Andernfalls torpediere man die inzwischen weit gediehenen Bemühungen um eine neue Nutzung des 24 Jahre alten, in Turbulenzen geratenen City-Centers. Dass diese Bemühungen bereits gefruchtet haben, überrascht Müller, wie er einräumt. Zwar habe er das Center nie ganz abgeschrieben, aber auch nicht erwartet, «dass sich die Lage so schnell ändert». Zu verdanken sei dies dem dreiköpfigen Verwaltungsbeirat, den die 351 Eigentümer eingesetzt haben. Er trieb die Verhandlungen unter wachsendem wirtschaftlichem Druck und mit Unterstützung des Wirtschaftsreferats zügig voran.
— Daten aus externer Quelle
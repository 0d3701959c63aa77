-- ===== src/Wire/Canonical.antt =====
-- What the canonical query of a signature does not depend on.
use mathlib.Core.List.{Perm, foldr}
use mathlib.Core.List.Perm
use grove_storage.Prelude.{
  ◌≡◌, ◌≢◌, refl, sym, ap, ◌∙◌, Bool, true, false, List, [], ◌∷◌, ◌++◌, Text, text_eq_iff,
  text_eq_refl, not, is_empty, map, if◌then◌else◌, arith, All, All-append,
}
use grove_storage.Wire.Split.{join, split-join, split_once_piece, Lacks}
use grove_storage.Wire.Query.{
  insert, sort, text_le, pair_le, pair_of, is_signed, canonical_pairs, canonicalize_query,
  show_pair, signature,
}

module _ {A : Type 0} (le : A → A → Bool) (total : (a b : A) → le a b ≡ false → le b a ≡ true)
    (trans : (a b c : A) → le a b ≡ true → le b c ≡ true → le a c ≡ true)
    (antisym : (a b : A) → le a b ≡ true → le b a ≡ true → a ≡ b) where
  insert_comm : (x y : A) (l : List A) → insert le x (insert le y l) ≡ insert le y (insert le x l)
  unfolding insert
  insert_comm x y [] = ground (arith, total x y, antisym x y)
  insert_comm x y (z ∷ l) = ground (
    arith,
    total x y,
    antisym x y,
    trans x y z,
    trans y x z,
    total x z,
    total y z,
    insert_comm x y l,
  )

text_le_total : (s t : Text) → text_le s t ≡ false → text_le t s ≡ true
unfolding text_le
text_le_total [] t h = cc
text_le_total (a ∷ s) [] h = refl
text_le_total (a ∷ s) (b ∷ t) h = ground (arith, text_le_total s t)

text_le_trans : (s t u : Text) → text_le s t ≡ true → text_le t u ≡ true → text_le s u ≡ true
unfolding text_le
text_le_trans [] t u h k = refl
text_le_trans (a ∷ s) [] u h k = cc
text_le_trans (a ∷ s) (b ∷ t) [] h k = cc
text_le_trans (a ∷ s) (b ∷ t) (c ∷ u) h k = ground (arith, text_le_trans s t u)

text_le_antisym : (s t : Text) → text_le s t ≡ true → text_le t s ≡ true → s ≡ t
unfolding text_le
text_le_antisym [] [] h k = refl
text_le_antisym [] (b ∷ t) h k = cc
text_le_antisym (a ∷ s) [] h k = cc
text_le_antisym (a ∷ s) (b ∷ t) h k = ground (arith, text_le_antisym s t)

pair_le_total : (p q : Text × Text) → pair_le p q ≡ false → pair_le q p ≡ true
unfolding pair_le
pair_le_total (k, v) (l, w) h =
    ground (arith, text_le_total k l, text_le_total v w, text_eq_iff k l, text_eq_iff l k)

pair_le_antisym : (p q : Text × Text) → pair_le p q ≡ true → pair_le q p ≡ true → p ≡ q
unfolding pair_le
pair_le_antisym (k, v) (l, w) h g =
    ground (arith, text_le_antisym k l, text_le_antisym v w, text_eq_iff k l, text_eq_iff l k)

pair_le_trans : (p q r : Text × Text) → pair_le p q ≡ true → pair_le q r ≡ true → pair_le p r ≡ true
unfolding pair_le
pair_le_trans (k, v) (l, w) (m, x) h g = ground (
  arith,
  text_le_trans k l m,
  text_le_trans v w x,
  text_le_antisym k l,
  text_eq_iff k l,
  text_eq_iff l m,
  text_eq_iff k m,
)

-- One piece, put among the pairs of the others.
abbrev put : Text → List (Text × Text) → List (Text × Text)
put p acc =
    if is_empty p
    then acc
    else (if is_signed (pair_of p) then insert pair_le (pair_of p) acc else acc)

canonical_pairs-foldr : (ps : List Text) → canonical_pairs ps ≡ foldr put [] ps
unfolding canonical_pairs sort
canonical_pairs-foldr [] = refl
canonical_pairs-foldr (p ∷ ps) = ground (arith, canonical_pairs-foldr ps)

put_comm : (p q : Text) (acc : List (Text × Text)) → put p (put q acc) ≡ put q (put p acc)
put_comm p q acc = ground (
  arith,
  insert_comm pair_le pair_le_total pair_le_trans pair_le_antisym (pair_of p) (pair_of q) acc,
)

canonical_pairs-perm : {ps qs : List Text} → Perm ps qs → canonical_pairs ps ≡ canonical_pairs qs
canonical_pairs-perm {ps} {qs} r =
    canonical_pairs-foldr ps
    ∙ Perm.foldr-eq (hlevel) put put_comm r []
    ∙ sym (canonical_pairs-foldr qs)

-- Requests that name the same parameters in another order have the same canonical query.
pub canonicalize_query-perm :
    (p : Text) (ps : List Text) (q : Text) (qs : List Text)
    → All (Lacks b'&') (p ∷ ps)
    → All (Lacks b'&') (q ∷ qs)
    → Perm (p ∷ ps) (q ∷ qs)
    → canonicalize_query (join b'&' (p ∷ ps)) ≡ canonicalize_query (join b'&' (q ∷ qs))
unfolding canonicalize_query
canonicalize_query-perm p ps q qs hp hq r =
    rw (split-join b'&' p ps hp, split-join b'&' q qs hq)
      (ap (λ pairs. join b'&' (map show_pair pairs)) (canonical_pairs-perm r))

pair_of_piece : (k v : Text) → Lacks b'=' k → pair_of (k ++ b'=' ∷ v) ≡ (k, v)
unfolding pair_of
pair_of_piece k v h = rw (split_once_piece b'=' k v h) refl

signature_piece : (v : Text) → is_signed (pair_of (signature ++ b'=' ∷ v)) ≡ false
signature_piece v =
    ap is_signed (pair_of_piece signature v (omega arith)) ∙ ap not (text_eq_refl signature)

drop_signature :
    (v : Text) (ps qs : List Text)
    → canonical_pairs (ps ++ (signature ++ b'=' ∷ v) ∷ qs) ≡ canonical_pairs (ps ++ qs)
unfolding canonical_pairs sort
drop_signature v [] qs = ground (arith, signature_piece v)
drop_signature v (p ∷ ps) qs = ground (arith, drop_signature v ps qs)

-- The signature is not signed: a query has the canonical query of the same query without it.
pub canonicalize_query-signature :
    (v p : Text) (ps qs : List Text)
    → All (Lacks b'&') (p ∷ ps)
    → All (Lacks b'&') qs
    → Lacks b'&' v
    → canonicalize_query (join b'&' (p ∷ ps ++ (signature ++ b'=' ∷ v) ∷ qs))
      ≡ canonicalize_query (join b'&' (p ∷ ps ++ qs))
unfolding canonicalize_query
canonicalize_query-signature v p ps qs hp hq hv =
    let piece = signature ++ b'=' ∷ v in
    let lacks : Lacks b'&' piece =
      All-append (λ c. c ≢ b'&') signature (b'=' ∷ v) (omega arith) (omega arith, hv) in
    let tail = All-append (Lacks b'&') ps (piece ∷ qs) hp.1 (lacks, hq) in
    let left = split-join b'&' p (ps ++ piece ∷ qs) (hp.0, tail) in
    let right = split-join b'&' p (ps ++ qs) (hp.0, All-append (Lacks b'&') ps qs hp.1 hq) in
    let shown = λ (pairs : List (Text × Text)). join b'&' (map show_pair pairs) in
    ap (λ pieces. shown (canonical_pairs pieces)) left
    ∙ ap shown (drop_signature v (p ∷ ps) qs)
    ∙ sym (ap (λ pieces. shown (canonical_pairs pieces)) right)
Am vergangenen Samstag traf sich die Eigentümergemeinschaft zur entscheidenden Versammlung. Das Ergebnis, das noch vor einigen Monaten kaum jemand für möglich hielt: Der Verkauf des stark sanierungsbedürftigen Einkaufstempels ist nun «grundsätzlich beschlossen», sagte Karin Maul, eine der Sprecherinnen, den FN. Man hoffe, rasch alle notariellen Angelegenheiten über die Bühne zu bringen.
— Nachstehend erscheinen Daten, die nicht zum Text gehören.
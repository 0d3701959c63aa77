-- ===== src/Wire/Names.antt =====
-- What auth.rs of s3-protocol asks of the names of signed headers, apart from its tests.
use grove_storage.Prelude.{
  ℕ, ◌≡◌, ◌≤◌, ◌<◌, ◌↔◌, ◌⊎◌, refl, sym, inl, inr, true, false, Bool, some, List, [], ◌∷◌, Text,
  bytes, text_eq, text_eq→eq, text_eq_refl, all, any, ltb, ◌==◌, All, arith, Bool-cases,
}
use grove_storage.Wire.Decimal.{is_digit, is_lower}
use grove_storage.Wire.Query.{text_le}
use grove_storage.Wire.Split.{join}
use grove_storage.Wire.Credential.{signed_headers, unsorted, is_name, name_byte, host}
use grove_storage.Wire.Scope.{signed_headers-join}

-- The first text comes before the second, by bytes, and is another.
abbrev pub Before : Text → Text → Type 0
Before s [] = ⊥
Before [] (b ∷ t) = Unit {0}
Before (a ∷ s) (b ∷ t) = (a < b) ⊎ ((a ≡ b) × Before s t)

abbrev pub Ascends : List Text → Type 0
Ascends [] = Unit {0}
Ascends (a ∷ []) = Unit {0}
Ascends (a ∷ b ∷ ns) = Before a b × Ascends (b ∷ ns)

abbrev pub Has : Text → List Text → Type 0
Has x [] = ⊥
Has x (n ∷ ns) = (n ≡ x) ⊎ Has x ns

-- A lowercase letter, a digit, or one of `!#$%&'*+-.^_`|~`.
abbrev pub InName : ℕ → Type 0
InName b =
    ((97 ≤ b) × (b ≤ 122))
    ⊎ (((48 ≤ b) × (b ≤ 57)) ⊎ (any (λ c. b == c) (bytes "!#$%&'*+-.^_`|~") ≡ true))

abbrev pub IsName : Text → Type 0
IsName [] = ⊥
IsName (b ∷ n) = All InName (b ∷ n)

before : (a b : Text) → text_le b a ≡ false → Before a b
unfolding text_le
before a [] h = cc h
before [] (b ∷ t) h = tt
before (a ∷ s) (b ∷ t) h = elim (Bool-cases (ltb a b)) [
  | inl e ↦ inl (ground (arith, e))
  | inr e ↦ inr (ground (arith, h, e), before s t (ground (arith, h, e)))
]

after : (a b : Text) → Before a b → text_le b a ≡ false
unfolding text_le
after a [] h = absurd h
after [] (b ∷ t) h = refl
after (a ∷ s) (b ∷ t) (inl e) = ground (arith, e)
after (a ∷ s) (b ∷ t) (inr (e, k)) = ground (arith, e, after s t k)

ascends : (ns : List Text) → unsorted ns ≡ false → Ascends ns
unfolding unsorted
ascends [] h = tt
ascends (a ∷ []) h = tt
ascends (a ∷ b ∷ ns) h = (before a b (ground (arith, h)), ascends (b ∷ ns) (ground (arith, h)))

sorted : (ns : List Text) → Ascends ns → unsorted ns ≡ false
unfolding unsorted
sorted [] h = refl
sorted (a ∷ []) h = refl
sorted (a ∷ b ∷ ns) (e, h) = ground (arith, after a b e, sorted (b ∷ ns) h)

any-Has : (x : Text) (ns : List Text) → any (text_eq x) ns ≡ true → Has x ns
any-Has x [] h = cc h
any-Has x (n ∷ ns) h = elim (Bool-cases (text_eq x n)) [
  | inl e ↦ inl (sym (text_eq→eq x n e))
  | inr e ↦ inr (any-Has x ns (ground (arith, h, e)))
]

Has-any : (x : Text) (ns : List Text) → Has x ns → any (text_eq x) ns ≡ true
Has-any x [] h = absurd h
Has-any x (n ∷ ns) (inl e) = rw e (ground (arith, text_eq_refl x))
Has-any x (n ∷ ns) (inr h) = ground (arith, Has-any x ns h)

name_byte-InName : (b : ℕ) → name_byte b ≡ true → InName b
name_byte-InName b h = elim (Bool-cases (is_lower b)) [
  | inl e ↦ inl (ground (arith, e), ground (arith, e))
  | inr e ↦ elim (Bool-cases (is_digit b)) [
    | inl f ↦ inr (inl (ground (arith, f), ground (arith, f)))
    | inr f ↦ inr (inr (ground (arith, h, e, f)))
  ]
]

InName-name_byte : (b : ℕ) → InName b → name_byte b ≡ true
InName-name_byte b (inl h) = ground (arith, h)
InName-name_byte b (inr (inl h)) = ground (arith, h)
InName-name_byte b (inr (inr h)) = ground (arith, h)

module _ {A : Type 0} (p : A → Bool) (P : A → Type 0) (to : (a : A) → p a ≡ true → P a)
    (from : (a : A) → P a → p a ≡ true) where
  all-All : (l : List A) → all p l ≡ true → All P l
  all-All [] h = tt
  all-All (a ∷ l) h = (to a (ground (arith, h)), all-All l (ground (arith, h)))

  All-all : (l : List A) → All P l → all p l ≡ true
  All-all [] h = refl
  All-all (a ∷ l) (h, k) = ground (arith, from a h, All-all l k)

is_name-IsName : (n : Text) → is_name n ≡ true → IsName n
is_name-IsName [] h = cc h
is_name-IsName (b ∷ n) h =
    all-All name_byte InName name_byte-InName InName-name_byte (b ∷ n) (ground (arith, h))

IsName-is_name : (n : Text) → IsName n → is_name n ≡ true
IsName-is_name [] h = absurd h
IsName-is_name (b ∷ n) h = All-all name_byte InName name_byte-InName InName-name_byte (b ∷ n) h

-- A list of signed headers is accepted exactly when it is the names joined by `;`, and they have
-- `host` among them, each comes before the next by its bytes, and each is a name: not empty, of
-- lowercase letters, digits and ``!#$%&'*+-.^_`|~``.
pub signed_headers-IsName :
    (value n : Text) (ns : List Text)
    → (signed_headers value ≡ some (n ∷ ns)) ↔ (
        (value ≡ join b';' (n ∷ ns))
        × Has (bytes "host") (n ∷ ns)
        × Ascends (n ∷ ns)
        × All IsName (n ∷ ns))
signed_headers-IsName value n ns =
    let (to, from) = signed_headers-join value n ns in
    (
      λ h.
          let (e, ok) = to h in
          (
            e,
            any-Has host (n ∷ ns) (ground (arith, ok)),
            ascends (n ∷ ns) (ground (arith, ok)),
            all-All is_name IsName is_name-IsName IsName-is_name (n ∷ ns) (ground (arith, ok)),
          ),
      λ w.
          let (e, has, up, named) = w in
          let hosted = Has-any host (n ∷ ns) has in
          let up' = sorted (n ∷ ns) up in
          let named' = All-all is_name IsName is_name-IsName IsName-is_name (n ∷ ns) named in
          from (e, ground (arith, hosted, up', named')),
    )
Damit wäre der Weg für neue Besitzer frei, die freilich erst einmal kräftig in einen Umbau des längst nicht mehr zeitgemäßen City-Centers investieren müssten. Fachleute gehen von Kosten von bis zu 80 Millionen Euro aus. Ob die ursprüngliche Größe – 26 000 Quadratmeter Verkaufsfläche – erhalten bliebe, ist mehr als fraglich. Wahrscheinlicher ist, dass der Investor stattdessen auf zusätzliche, noch zu entwickelnde Einkaufsangebote im zuvor für die Neue Mitte reservierten Gebiet setzt. Bisher, heißt es, haben die meisten Bewerber diese Bereitschaft signalisiert. In Müllers Augen müsste dieses kleinere Center zumindest ein Kino und einen großen Textilanbieter aufweisen. Er halte es daher für ratsam, dass die Kommune entsprechende Bedingungen stellt.

Zunächst sind nun aber die Unternehmen aufgefordert, in Kürze ein Angebot für das City-Center abzugeben - das hoffentlich den Vorstellungen der Eigentümer entspricht. Wie diese aussehen, darüber schweigt sich Karin Maul jedoch aus.

Sofern sich die Preisvorstellungen «nicht in schwindelerregender Höhe befinden, ist das aber sicher machbar», meint Horst Müller. Eigentlich hätte er sich gewünscht, die Weichen könnten noch vor der Sommerpause des Stadtrats gestellt werden; dass es gelingt, hält er allerdings für wenig wahrscheinlich.